ACR, American College of Rheumatology; ANA, antinuclear antibodies; anti-dsDNA, anti-double stranded DNA antibodies; anti-RNP, antiribonucleoprotein antibodies; CCP, cyclic citrullinated peptides; n, number of patients; RA, rheumatoid arthritis; RF, rheumatoid factor; SLE, systemic lupus erythematosus; Sm, anti-Smith; SS, Sjögren’s syndrome.

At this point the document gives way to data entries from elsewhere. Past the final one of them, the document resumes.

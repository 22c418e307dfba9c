-- ===== src/Stages.antt =====
-- The stages of engines/: the same engine over other containers.
pub mod MapLadder
pub mod HashIndex
pub mod Slots
pub mod V4
pub mod V5
pub mod Agreement
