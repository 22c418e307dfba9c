-- ===== src/Stages/MapLadder.antt =====
-- The ladder of engines/book_v4.hpp: a `std::map` from prices to levels is the list of its entries in
-- the map's order, best price first.
use limit_order_book.Base.{
  ◌≡◌, refl, ap, ◌∙◌, ℤ, pos, ◌<ℤ◌, eqb_ℤ, Option, none, some, [], ◌∷◌, ◌++◌, All, lookup, assign,
  remove, if◌then◌else◌, All-append, All-append_left, All-append_right,
}
use limit_order_book.Types.{Side, no_price}
use limit_order_book.Naive.Sides.{before}
use limit_order_book.Fifo.{null, Level}
use limit_order_book.Engine.Laws.{Entries, first_price, IsOrdered, Fits}
use limit_order_book.Engine.Entries.{
  before-eqb, before-asym, eqb_itself, Earlier, Later, ordered_around, IsOrdered-with,
  IsOrdered-without, lookup_middle, lookup_new,
}

pub record MapLadder : Type 0 where
  pub side : Side
  pub levels : Entries

-- `Level{}`, with the price that `rest` writes.
abbrev pub fresh_level : ℤ → Level
fresh_level px = record { head = null; tail = null; total_qty = 0; count = 0; price = px }

abbrev pub or_fresh : ℤ → Option Level → Level
or_fresh px none = fresh_level px
or_fresh px (some lvl) = lvl

unfoldable pub at : ℤ → MapLadder → Level
at px l = or_fresh px (lookup eqb_ℤ px l.levels)

unfoldable pub put : ℤ → Level → MapLadder → MapLadder
put px lvl l = record l { levels = assign eqb_ℤ (before l.side) px lvl l.levels }

unfoldable pub erase_price : ℤ → MapLadder → MapLadder
erase_price px l = record l { levels = remove eqb_ℤ px l.levels }

unfoldable pub begin : MapLadder → ℤ
begin l = first_price l.levels

-- The price after one, in the map's order.
unfoldable pub after : ℤ → Entries → ℤ
after px [] = no_price
after px ((p, _) ∷ es) = if eqb_ℤ p px then first_price es else after px es

module _ (s : Side) where
  assign_middle :
      (xs : Entries) (px : ℤ) (lvl lvl' : Level) (ys : Entries)
      → Earlier s px xs
      → assign eqb_ℤ (before s) px lvl' (xs ++ (px, lvl) ∷ ys) ≡ xs ++ (px, lvl') ∷ ys
  unfolding assign
  assign_middle [] px lvl lvl' ys h = rw (eqb_itself px) refl
  assign_middle (x ∷ xs) px lvl lvl' ys h =
      rw
        ((before-eqb s x.0 px h.0).0, before-asym s x.0 px h.0, assign_middle xs px lvl lvl' ys h.1)
        refl

  remove_later : (px : ℤ) (ys : Entries) → Later s px ys → remove eqb_ℤ px ys ≡ ys
  unfolding remove
  remove_later px [] h = refl
  remove_later px (y ∷ ys) h = rw ((before-eqb s px y.0 h.0).1, remove_later px ys h.1) refl

  remove_middle :
      (xs : Entries) (px : ℤ) (lvl : Level) (ys : Entries)
      → Earlier s px xs
      → Later s px ys
      → remove eqb_ℤ px (xs ++ (px, lvl) ∷ ys) ≡ xs ++ ys
  unfolding remove
  remove_middle [] px lvl ys h k = rw (eqb_itself px) (remove_later px ys k)
  remove_middle (x ∷ xs) px lvl ys h k =
      rw ((before-eqb s x.0 px h.0).0, remove_middle xs px lvl ys h.1 k) refl

  after_middle :
      (xs : Entries) (px : ℤ) (lvl : Level) (ys : Entries)
      → Earlier s px xs
      → after px (xs ++ (px, lvl) ∷ ys) ≡ first_price ys
  unfolding after
  after_middle [] px lvl ys h = rw (eqb_itself px) refl
  after_middle (x ∷ xs) px lvl ys h =
      rw ((before-eqb s x.0 px h.0).0) (after_middle xs px lvl ys h.1)

  assign_new :
      (xs : Entries) (px : ℤ) (lvl : Level) (ys : Entries)
      → Fits s px xs ys
      → assign eqb_ℤ (before s) px lvl (xs ++ ys) ≡ xs ++ (px, lvl) ∷ ys
  unfolding assign
  assign_new [] px lvl [] f = refl
  assign_new [] px lvl (y ∷ ys) f = rw ((before-eqb s px y.0 f.1.0).1, f.1.0) refl
  assign_new (x ∷ xs) px lvl ys f =
      rw
        (
          (before-eqb s x.0 px f.0.0).0,
          before-asym s x.0 px f.0.0,
          assign_new xs px lvl ys (f.0.1, f.1),
        )
        refl

-- The map is in order and has only positive prices.
pub record Shows (s : Side) (l : MapLadder) (es : Entries) : Type 0 where
  pub side : l.side ≡ s
  pub levels : l.levels ≡ es
  pub ordered : IsOrdered s es
  pub positive : All (λ e. pos 0 <ℤ e.0) es

positive_with :
    (xs : Entries) (px : ℤ) (lvl : Level) (ys : Entries)
    → pos 0 <ℤ px
    → All (λ e. pos 0 <ℤ e.0) (xs ++ ys)
    → All (λ e. pos 0 <ℤ e.0) (xs ++ (px, lvl) ∷ ys)
positive_with xs px lvl ys p h =
    All-append _ xs ((px, lvl) ∷ ys) (All-append_left _ xs ys h) (p, All-append_right _ xs ys h)

positive_around :
    (xs : Entries) (px : ℤ) (lvl : Level) (ys : Entries)
    → All (λ e. pos 0 <ℤ e.0) (xs ++ (px, lvl) ∷ ys)
    → (pos 0 <ℤ px) × All (λ e. pos 0 <ℤ e.0) (xs ++ ys)
positive_around xs px lvl ys h =
    let right = All-append_right _ xs ((px, lvl) ∷ ys) h in
    (right.0, All-append _ xs ys (All-append_left _ xs ((px, lvl) ∷ ys) h) right.1)

module _ (s : Side) (l : MapLadder) (xs : Entries) (px : ℤ) where
  module _ (lvl : Level) (ys : Entries) (h : Shows s l (xs ++ (px, lvl) ∷ ys)) where
    abbrev around : Earlier s px xs × Later s px ys
    around = ordered_around s xs px lvl ys h.ordered

    pub at_in : at px l ≡ lvl
    unfolding at
    at_in = ap (or_fresh px) (ap (lookup eqb_ℤ px) h.levels ∙ lookup_middle s xs px lvl ys around.0)

    pub after_in : after px l.levels ≡ first_price ys
    after_in = ap (after px) h.levels ∙ after_middle s xs px lvl ys around.0

    put_levels : (lvl' : Level) → (put px lvl' l).levels ≡ xs ++ (px, lvl') ∷ ys
    unfolding put
    put_levels lvl' = rw (h.side, h.levels) (assign_middle s xs px lvl lvl' ys around.0)

    pub put-Shows : (lvl' : Level) → Shows s (put px lvl' l) (xs ++ (px, lvl') ∷ ys)
    put-Shows lvl' =
        let without = IsOrdered-without s xs px lvl ys h.ordered in
        let p = positive_around xs px lvl ys h.positive in
        record {
          side = unfold put in h.side;
          levels = put_levels lvl';
          ordered = IsOrdered-with s xs px lvl' ys without around;
          positive = positive_with xs px lvl' ys p.0 p.1;
        }

    pub erase_price-Shows : Shows s (erase_price px l) (xs ++ ys)
    unfolding erase_price
    erase_price-Shows = record {
      side = h.side;
      levels = rw h.levels (remove_middle s xs px lvl ys around.0 around.1);
      ordered = IsOrdered-without s xs px lvl ys h.ordered;
      positive = (positive_around xs px lvl ys h.positive).1;
    }

  module _ (ys : Entries) (h : Shows s l (xs ++ ys)) (f : Fits s px xs ys) where
    pub at_new : at px l ≡ fresh_level px
    unfolding at
    at_new = ap (or_fresh px) (ap (lookup eqb_ℤ px) h.levels ∙ lookup_new s xs px ys f)

    pub put_new : (lvl : Level) → pos 0 <ℤ px → Shows s (put px lvl l) (xs ++ (px, lvl) ∷ ys)
    unfolding put
    put_new lvl p = record {
      side = h.side;
      levels = rw (h.side, h.levels) (assign_new s xs px lvl ys f);
      ordered = IsOrdered-with s xs px lvl ys h.ordered f;
      positive = positive_with xs px lvl ys p h.positive;
    }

Figure 1Follow-up and cause of anti-TNF-α discontinuation in 15 patients with rhupus. anti-TNF-α, antitumour necrosis factor alpha; ESR, erythrocyte sediment rate; M, month; n, number of patients. aExclusion criteria: discovery of an overlooked history of melanoma in the medical history. bTwo patients who continued with anti-TNF-α had 43 months of follow-up at the end of the study and were not evaluated at M60.

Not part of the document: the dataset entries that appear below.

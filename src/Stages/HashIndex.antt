-- ===== src/Stages/HashIndex.antt =====
-- The id index of engines/book_v4.hpp: a `std::unordered_map` from ids to orders, as what it finds
-- and how much it holds.
use limit_order_book.Base.{
  ℕ, suc, ◌-◌, ◌≡◌, refl, sym, ◌∙◌, Bool, true, false, Option, none, some, List, [], ◌∷◌, ◌++◌,
  arith, lookup, ◌==◌, if◌then◌else◌, Bool-cases, inl, inr, length, length-append, ==_iff,
  append-nil, subst,
}
use limit_order_book.Fifo.{Ptr}

pub record HashIndex : Type 0 where
  pub find : ℕ → Option Ptr
  pub size : ℕ

abbrev is_none : Option Ptr → Bool
is_none none = true
is_none (some _) = false

-- `emplace`, which leaves a key that is there.
unfoldable pub emplace : ℕ → Ptr → HashIndex → HashIndex
emplace k p m =
    if is_none (m.find k)
    then record { find = λ j. if k == j then some p else m.find j; size = suc m.size }
    else m

unfoldable pub erase_id : ℕ → HashIndex → HashIndex
erase_id k m = record {
  find = λ j. if k == j then none else m.find j;
  size = if is_none (m.find k) then m.size else m.size - 1;
}

-- No key twice.
abbrev pub IsUnique : List (ℕ × Ptr) → Type 0
IsUnique [] = Unit
IsUnique ((k, _) ∷ es) = (lookup ◌==◌ k es ≡ none) × IsUnique es

pub record Indexes (m : HashIndex) (es : List (ℕ × Ptr)) : Type 0 where
  pub finds : (k : ℕ) → m.find k ≡ lookup ◌==◌ k es
  pub counts : m.size ≡ length es
  pub unique : IsUnique es

itself : (k : ℕ) → (k == k) ≡ true
itself k = ground arith

none_if :
    (b : Bool) (p : Ptr) (o : Option Ptr)
    → (if b then some p else o) ≡ none
    → (b ≡ false) × (o ≡ none)
none_if true p o e = absurd (cc e)
none_if false p o e = (refl, e)

none_cons :
    (k j : ℕ) (p : Ptr) (xs : List (ℕ × Ptr))
    → lookup ◌==◌ k ((j, p) ∷ xs) ≡ none
    → ((j == k) ≡ false) × (lookup ◌==◌ k xs ≡ none)
unfolding lookup
none_cons k j p xs e = none_if (j == k) p _ e

lookup_left :
    (k : ℕ) (xs ys : List (ℕ × Ptr))
    → lookup ◌==◌ k xs ≡ none
    → lookup ◌==◌ k (xs ++ ys) ≡ lookup ◌==◌ k ys
unfolding lookup
lookup_left k [] ys e = refl
lookup_left k ((j, p) ∷ xs) ys e =
    let r = none_cons k j p xs e in rw (r.0) (lookup_left k xs ys r.1)

none_left :
    (k : ℕ) (xs ys : List (ℕ × Ptr)) → lookup ◌==◌ k (xs ++ ys) ≡ none → lookup ◌==◌ k xs ≡ none
unfolding lookup
none_left k [] ys e = refl
none_left k ((j, p) ∷ xs) ys e =
    let r = none_cons k j p (xs ++ ys) e in rw (r.0) (none_left k xs ys r.1)

module _ (k : ℕ) (p : Ptr) where
  none_middle :
      (j : ℕ) (xs ys : List (ℕ × Ptr)) → lookup ◌==◌ j (xs ++ (k, p) ∷ ys) ≡ none → (k == j) ≡ false
  none_middle j [] ys e = (none_cons j k p ys e).0
  none_middle j ((i, q) ∷ xs) ys e = none_middle j xs ys (none_cons j i q (xs ++ (k, p) ∷ ys) e).1

  lookup_other :
      (j : ℕ) (xs ys : List (ℕ × Ptr))
      → (k == j) ≡ false
      → lookup ◌==◌ j (xs ++ (k, p) ∷ ys) ≡ lookup ◌==◌ j (xs ++ ys)
  unfolding lookup
  lookup_other j [] ys e = rw e refl
  lookup_other j ((i, q) ∷ xs) ys e = rw (lookup_other j xs ys e) refl

  lookup_in :
      (xs ys : List (ℕ × Ptr))
      → lookup ◌==◌ k xs ≡ none
      → lookup ◌==◌ k (xs ++ (k, p) ∷ ys) ≡ some p
  unfolding lookup
  lookup_in [] ys e = rw (itself k) refl
  lookup_in ((i, q) ∷ xs) ys e = let r = none_cons k i q xs e in rw (r.0) (lookup_in xs ys r.1)

  -- The key in the middle is nowhere else.
  IsUnique-middle :
      (xs ys : List (ℕ × Ptr))
      → IsUnique (xs ++ (k, p) ∷ ys)
      → (lookup ◌==◌ k (xs ++ ys) ≡ none) × IsUnique (xs ++ ys)
  unfolding lookup
  IsUnique-middle [] ys u = u
  IsUnique-middle ((i, q) ∷ xs) ys u =
      let r = IsUnique-middle xs ys u.1 in
      let differ = none_middle i xs ys u.0 in
      let differ' : (i == k) ≡ false = ground arith in
      (rw differ' (r.0), (sym (lookup_other i xs ys differ) ∙ u.0, r.1))

  IsUnique-insert :
      (xs ys : List (ℕ × Ptr))
      → lookup ◌==◌ k (xs ++ ys) ≡ none
      → IsUnique (xs ++ ys)
      → IsUnique (xs ++ (k, p) ∷ ys)
  IsUnique-insert [] ys e u = (e, u)
  IsUnique-insert ((i, q) ∷ xs) ys e u =
      let r = none_cons k i q (xs ++ ys) e in
      let differ = r.0 in
      let differ' : (k == i) ≡ false = ground arith in
      (lookup_other i xs ys differ' ∙ u.0, IsUnique-insert xs ys r.1 u.1)

lookup_swap :
    (k : ℕ) (xs ys : List (ℕ × Ptr))
    → IsUnique (xs ++ ys)
    → lookup ◌==◌ k (xs ++ ys) ≡ lookup ◌==◌ k (ys ++ xs)
unfolding lookup
lookup_swap k [] ys u = rw append-nil refl
lookup_swap k ((j, p) ∷ xs) ys u = elim (Bool-cases (j == k)) [
  | inl same ↦
      let gone = none_left j ys xs (sym (lookup_swap j xs ys u.1) ∙ u.0) in
      rw same (
        subst (λ k. some p ≡ lookup ◌==◌ k (ys ++ (j, p) ∷ xs)) ((==_iff j k).0 same)
          (sym (lookup_in j p ys xs gone)))
  | inr other ↦ rw other (lookup_swap k xs ys u.1 ∙ sym (lookup_other j p k ys xs other))
]

IsUnique-swap : (xs ys : List (ℕ × Ptr)) → IsUnique (xs ++ ys) → IsUnique (ys ++ xs)
IsUnique-swap [] ys u = rw append-nil u
IsUnique-swap ((j, p) ∷ xs) ys u =
    IsUnique-insert j p ys xs (sym (lookup_swap j xs ys u.1) ∙ u.0) (IsUnique-swap xs ys u.1)

length_middle :
    (xs : List (ℕ × Ptr)) (e : ℕ × Ptr) (ys : List (ℕ × Ptr))
    → length (xs ++ e ∷ ys) ≡ suc (length (xs ++ ys))
length_middle xs e ys = omega (arith, length-append xs (e ∷ ys), length-append xs ys)

pub swap-Indexes :
    (m : HashIndex) (xs ys : List (ℕ × Ptr)) → Indexes m (xs ++ ys) → Indexes m (ys ++ xs)
swap-Indexes m xs ys h = record {
  finds = λ k. h.finds k ∙ lookup_swap k xs ys h.unique;
  counts = h.counts ∙ omega (arith, length-append xs ys, length-append ys xs);
  unique = IsUnique-swap xs ys h.unique;
}

pub erase_id-Indexes :
    (m : HashIndex) (xs : List (ℕ × Ptr)) (k : ℕ) (p : Ptr) (ys : List (ℕ × Ptr))
    → Indexes m (xs ++ (k, p) ∷ ys)
    → Indexes (erase_id k m) (xs ++ ys)
unfolding erase_id
erase_id-Indexes m xs k p ys h =
    let u = IsUnique-middle k p xs ys h.unique in
    let found : m.find k ≡ some p = h.finds k ∙ lookup_in k p xs ys (none_left k xs ys u.0) in
    record {
      finds = λ j. elim (Bool-cases (k == j)) [
        | inl same ↦
            rw same (subst (λ j. none ≡ lookup ◌==◌ j (xs ++ ys)) ((==_iff k j).0 same) (sym u.0))
        | inr other ↦ rw other (h.finds j ∙ lookup_other k p j xs ys other)
      ];
      counts = rw found (omega (arith, h.counts, length_middle xs (k, p) ys));
      unique = u.1;
    }

pub emplace-Indexes :
    (m : HashIndex) (xs : List (ℕ × Ptr)) (k : ℕ) (p : Ptr) (ys : List (ℕ × Ptr))
    → Indexes m (xs ++ ys)
    → lookup ◌==◌ k (xs ++ ys) ≡ none
    → Indexes (emplace k p m) (xs ++ (k, p) ∷ ys)
unfolding emplace
emplace-Indexes m xs k p ys h e =
    let missing : m.find k ≡ none = h.finds k ∙ e in
    rw missing (record {
      finds = λ j. elim (Bool-cases (k == j)) [
        | inl same ↦ rw same (
            subst (λ j. some p ≡ lookup ◌==◌ j (xs ++ (k, p) ∷ ys)) ((==_iff k j).0 same)
              (sym (lookup_in k p xs ys (none_left k xs ys e))))
        | inr other ↦ rw other (h.finds j ∙ sym (lookup_other k p j xs ys other))
      ];
      counts = omega (arith, h.counts, length_middle xs (k, p) ys);
      unique = IsUnique-insert k p xs ys e h.unique;
    })

pub empty-Indexes : Indexes (record { find = λ k. none; size = 0 }) []
unfolding lookup
empty-Indexes = record { finds = λ k. refl; counts = refl; unique = tt }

Figure 2Changes over time in DAS 28 (A), SLEDAI (B), glucocorticoid dose (C) and EULAR response (D) in patients with rhupus treated by anti-TNF-α. Box plot (median, quartile, minimum and maximum). Median value is indicated above the box plot. *Significant result (Prob >97.5%) in Bayesian method, compared with baseline (M0). anti-TNF-α, antitumour necrosis factor alpha; DAS 28, Disease Activity Score 28; EULAR, European League Against Rheumatism; M, month; n, number of patients. N§, number of available data; SLEDAI, Systemic Lupus Erythematosus Disease Activity Index.

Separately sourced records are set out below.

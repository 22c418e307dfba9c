-- ===== src/Stages/Slots.antt =====
-- The pool of include/lob/pool.hpp as the engines' allocator: an order's address is one more than
-- its slot, so that no order is at the null address.
use limit_order_book.Base.{
  ℕ, suc, ◌+◌, ◌-◌, ◌<◌, ◌≢◌, ◌≡◌, refl, sym, ap, ◌∙◌, List, [], ◌∷◌, ◌++◌, All, All-append,
  All-append_left, All-append_right, arith,
}
use limit_order_book.Pool.{Pool, new, raw_slot, destroy}
use limit_order_book.Pool.Calls.{
  apply, count, drop_held, give_back, IsSound, creates-IsSound, destroys-IsSound, new-IsSound,
}
use limit_order_book.Fifo.{Ptr}

unfoldable pub create_at : Pool → Pool × Ptr
create_at p = let (p', slot) = raw_slot p in (p', suc slot)

unfoldable pub destroy_at : Ptr → Pool → Pool
destroy_at p pool = destroy (p - 1) pool

abbrev slots : List Ptr → List ℕ
slots [] = []
slots (p ∷ ps) = (p - 1) ∷ slots ps

-- The client holds the slots of these addresses.
pub record Owns (pool : Pool) (ps : List Ptr) : Type 0 where
  pub sound : IsSound (record { pool = pool; held = slots ps })
  pub real : All (λ p. 0 < p) ps

slots-append : (xs ys : List Ptr) → slots (xs ++ ys) ≡ slots xs ++ slots ys
slots-append [] ys = refl
slots-append (x ∷ xs) ys = ap (λ zs. (x - 1) ∷ zs) (slots-append xs ys)

count-append : (s : ℕ) (xs ys : List ℕ) → count s (xs ++ ys) ≡ count s xs + count s ys
unfolding count
count-append s [] ys = omega arith
count-append s (x ∷ xs) ys = ground (arith, count-append s xs ys)

-- Only how often each slot is held matters.
IsSound-held :
    (pool : Pool) (xs ys : List ℕ)
    → ((s : ℕ) → count s xs ≡ count s ys)
    → IsSound (record { pool = pool; held = xs })
    → IsSound (record { pool = pool; held = ys })
IsSound-held pool xs ys e v = record {
  once = λ s. omega (arith, e s, v.once s);
  room = v.room;
  whole = v.whole;
  grows = v.grows;
}

count_moved :
    (s : ℕ) (xs : List Ptr) (p : Ptr) (ys : List Ptr)
    → count s (slots (xs ++ p ∷ ys)) ≡ count s ((p - 1) ∷ slots (xs ++ ys))
count_moved s xs p ys =
    rw (slots-append, slots-append, count-append)
      (unfold count in ground (arith, count-append s (slots xs) (slots ys)))

real_with :
    (xs : List Ptr) (p : Ptr) (ys : List Ptr)
    → 0 < p
    → All (λ p. 0 < p) (xs ++ ys)
    → All (λ p. 0 < p) (xs ++ p ∷ ys)
real_with [] p ys r h = (r, h)
real_with (x ∷ xs) p ys r h = (h.0, real_with xs p ys r h.1)

real_without :
    (xs : List Ptr) (p : Ptr) (ys : List Ptr)
    → All (λ p. 0 < p) (xs ++ p ∷ ys)
    → (0 < p) × All (λ p. 0 < p) (xs ++ ys)
real_without [] p ys h = h
real_without (x ∷ xs) p ys h = let r = real_without xs p ys h.1 in (r.0, (h.0, r.1))

real_swap : (xs ys : List Ptr) → All (λ p. 0 < p) (xs ++ ys) → All (λ p. 0 < p) (ys ++ xs)
real_swap xs ys h = All-append _ ys xs (All-append_right _ xs ys h) (All-append_left _ xs ys h)

-- A slot that is not held is the address of none.
not_held : (slot : ℕ) (ps : List Ptr) → count slot (slots ps) ≡ 0 → All (λ q. q ≢ suc slot) ps
unfolding count
not_held slot [] e = tt
not_held slot (p ∷ ps) e = (λ same. absurd (ground (arith, same)), not_held slot ps (ground arith))

pub swap-Owns : (pool : Pool) (xs ys : List Ptr) → Owns pool (xs ++ ys) → Owns pool (ys ++ xs)
swap-Owns pool xs ys h = record {
  sound =
      IsSound-held pool (slots (xs ++ ys)) (slots (ys ++ xs))
        (λ s.
          rw (slots-append, slots-append)
            (omega
              (arith, count-append s (slots xs) (slots ys), count-append s (slots ys) (slots xs))))
        h.sound;
  real = real_swap xs ys h.real;
}

pub destroy_at-Owns :
    (pool : Pool) (xs : List Ptr) (p : Ptr) (ys : List Ptr)
    → Owns pool (xs ++ p ∷ ys)
    → Owns (destroy_at p pool) (xs ++ ys)
unfolding destroy_at
destroy_at-Owns pool xs p ys h = record {
  sound =
      unfold apply give_back drop_held in
      destroys-IsSound 0 (record { pool = pool; held = (p - 1) ∷ slots (xs ++ ys) })
        (IsSound-held pool (slots (xs ++ p ∷ ys)) ((p - 1) ∷ slots (xs ++ ys))
          (λ s. count_moved s xs p ys) h.sound);
  real = (real_without xs p ys h.real).1;
}

pub create_at-Owns :
    (pool : Pool) (xs ys : List Ptr)
    → Owns pool (xs ++ ys)
    → let (pool', p) = create_at pool in
      (0 < p) × (All (λ q. q ≢ p) (xs ++ ys) × Owns pool' (xs ++ p ∷ ys))
unfolding create_at
create_at-Owns pool xs ys h =
    let slot = (raw_slot pool).1 in
    let held = slots (xs ++ ys) in
    let back : suc slot - 1 ≡ slot = omega arith in
    let made : IsSound (record { pool = (raw_slot pool).0; held = slot ∷ held }) =
      unfold apply in creates-IsSound (record { pool = pool; held = held }) h.sound in
    let once = made.once slot in
    let fresh : count slot held ≡ 0 = unfold count in ground (arith, once) in
    (
      omega arith,
      (
        not_held slot (xs ++ ys) fresh,
        record {
          sound =
              IsSound-held (raw_slot pool).0 (slot ∷ held) (slots (xs ++ suc slot ∷ ys))
                (λ s. sym (count_moved s xs (suc slot) ys ∙ ap (λ n. count s (n ∷ held)) back))
                made;
          real = real_with xs (suc slot) ys (omega arith) h.real;
        },
      ),
    )

pub new-Owns : (n : ℕ) → 0 < n → Owns (new n) []
new-Owns n some_slots = record { sound = new-IsSound n some_slots; real = tt }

Efficacy and tolerance of biologic treatments in patients with rhupus
| Reference | Treatment | Patients (n) | Follow-up (months) | DAS 28 M0 | DAS 28 M6 | SLEDAI M0 | SLEDAI M6 | GC M0 | GC M6 | Adverse events |
| Andrade-Ortega | Rituximab | 9 | 24 | 5.7 | 3.0 | 5.0* | 1.2* | 11.6 | 4.7 | 1 severe infection |
| Araújo | Rituximab | 5 | 6 | 5.2 | 3.4 | NA | NA | 8.5 | 5 | 1 severe infusion-related reaction |
| Piga | Rituximab | 6 | 12 | 6.0 | 4.0 | 7.1 | 4.3 | 15.4 | 10.6 | 1 infection |
| Iaccarino | Rituximab | 3 | NA | 4.9 | 1.6 | 6 | 0 | NA | NA | NA |
| Iaccarino | Abatacept | 3 | NA | 6.2 | 3.6 | 6 | 2 | NA | NA | NA |
| Ikeda | Abatacept | 6 | 6 | 4.1 | NA | 7.0 | 6.0 | NA | NA | 1 bursitis |
| This study | Anti-TNF-α | 15 | 60 | 5.9 | 3.2 | 6.0 | 4.0 | 15 | 5 | 2 severe infections |
*Mexican-SLEDAI.
DAS 28, Disease Activity Score 28; ESR, erythrocyte sediment rate; GC, glucocorticoids; M, month; NA, non-available; SLEDAI, Systemic Lupus Erythematosus Disease Activity Index.